OSA comme terrain d’essai

Le cadre OSA en tant que tel reste profondément prudent dans son approche. Il ne cible spécifiquement et délibérément que les «pays partageant les mêmes idées» et se présente dans le langage de l’assistance plutôt que de la coopération ou de l’alliance stratégique pure et simple, et il a été formulé d’une manière qui est sensible aux besoins des publics nationaux et internationaux avec auquel le gouvernement japonais doit faire face.

Néanmoins, l’OSA représente une autre composante de l’assouplissement constant des normes pacifistes-isolationnistes du Japon, et il reflète le sentiment accru d’insécurité nationale parmi les décideurs politiques japonais et les membres du public. Pour les décideurs politiques, l’OSA semble être une sorte d’exercice prudent et mesuré pour voir quelle sera la réponse du Japon à une coopération plus solide en matière de sécurité à l’avenir. Déjà, l’idée d’OSA ou quelque chose de similaire étant proposée à l’Ukraine a été flottébien qu’il s’agisse d’un affaiblissement ostensible de la directive selon laquelle l’OSA ne sera pas étendue lorsqu’il existe une possibilité qu’elle soit « directement liée à tout conflit international ».
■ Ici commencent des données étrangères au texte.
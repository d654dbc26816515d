-- ===== src/Webhooks/Proswing/Parsed.antt =====
-- Shots that src/webhooks/proswing/proswing.parser.ts parses and the search of the repository.
use pureplay_analytics_inges.Prelude.{◌≡◌, refl, true, false, Text, text_eq, ℤ, pos, ◌+ℤ◌, ◌≤ℤ◌}
use pureplay_analytics_inges.Platform.{Number, Platform}
use pureplay_analytics_inges.Domain.Json.{Members}
use pureplay_analytics_inges.Ingestion.ContentHash.Injective.{SameHashInput}
use pureplay_analytics_inges.Ingestion.Repository.{hash_input, is_origin_of}
use pureplay_analytics_inges.Ingestion.Repository.NearDuplicate.{IsHashed, is_origin_of-in_order}
use pureplay_analytics_inges.Webhooks.Proswing.{ProswingCanonicalPayload, parse_proswing}

module _ {N : Type 0} ⦃num : Number N⦄ ⦃p : Platform⦄ where
  parse_proswing-IsHashed :
      (instant : Text → ℤ) (ulid : Text) (raw : Members N) (payload : ProswingCanonicalPayload N)
      (received : ℤ)
      → IsHashed (parse_proswing instant ulid raw payload received)
  unfolding parse_proswing
  parse_proswing-IsHashed instant ulid raw payload received = refl

  -- The payload of one shot, sent again with another id and time.
  abbrev pub sent_again : Text → Text → ProswingCanonicalPayload N → ProswingCanonicalPayload N
  sent_again id occurred_at payload = record payload {
    shot = record payload.shot { id = id; occurred_at = occurred_at };
  }

  same_input :
      (instant : Text → ℤ) (ulid ulid' id at : Text) (raw raw' : Members N)
      (payload : ProswingCanonicalPayload N) (received received' t : ℤ)
      → SameHashInput
          (hash_input (parse_proswing instant ulid raw payload received) t)
          (hash_input (parse_proswing instant ulid' raw' (sent_again id at payload) received') t)
  unfolding parse_proswing
  same_input instant ulid ulid' id at raw raw' payload received received' t = record {
    vendor_user_id = refl;
    club_code = refl;
    minute = refl;
    ball_speed = refl;
    launch_angle = refl;
    carry = refl;
    lateral = refl;
  }

  -- A ProSwing payload sent again with another shot id and a time at most 60 seconds later, and
  -- parsed under another canonical id, has the first parse as an origin.
  pub parse_proswing-sent_again :
      (instant : Text → ℤ) (ulid ulid' id at : Text) (raw raw' : Members N)
      (payload : ProswingCanonicalPayload N) (received received' : ℤ)
      → text_eq ulid ulid' ≡ false
      → instant payload.shot.occurred_at ≤ℤ instant at
      → instant at ≤ℤ instant payload.shot.occurred_at +ℤ pos 60000
      → is_origin_of
          (parse_proswing instant ulid' raw' (sent_again id at payload) received')
          (parse_proswing instant ulid raw payload received)
        ≡ true
  unfolding parse_proswing
  parse_proswing-sent_again instant ulid ulid' id at raw raw' payload received received' other early
        late =
      is_origin_of-in_order (parse_proswing instant ulid' raw' (sent_again id at payload) received')
        (parse_proswing instant ulid raw payload received)
        (parse_proswing-IsHashed instant ulid' raw' (sent_again id at payload) received')
        (parse_proswing-IsHashed instant ulid raw payload received) refl
        (same_input instant ulid ulid' id at raw raw' payload received received'
          (instant payload.shot.occurred_at))
        other early late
Il reste également à voir comment le cadre OSA fonctionnera en tandem avec certaines des autres initiatives de sécurité du Japon, telles que le cadre Indo-Pacifique libre et ouvert qui a été défendu ces dernières années. Si ce cadre est considéré comme un succès, il est probable qu’il ne fera que s’étendre et approfondir le rôle de sécurité du Japon, non seulement en Asie de l’Est, mais peut-être sur la scène mondiale. Le Japon, géant endormi en termes de sécurité, commence peut-être enfin à s’agiter.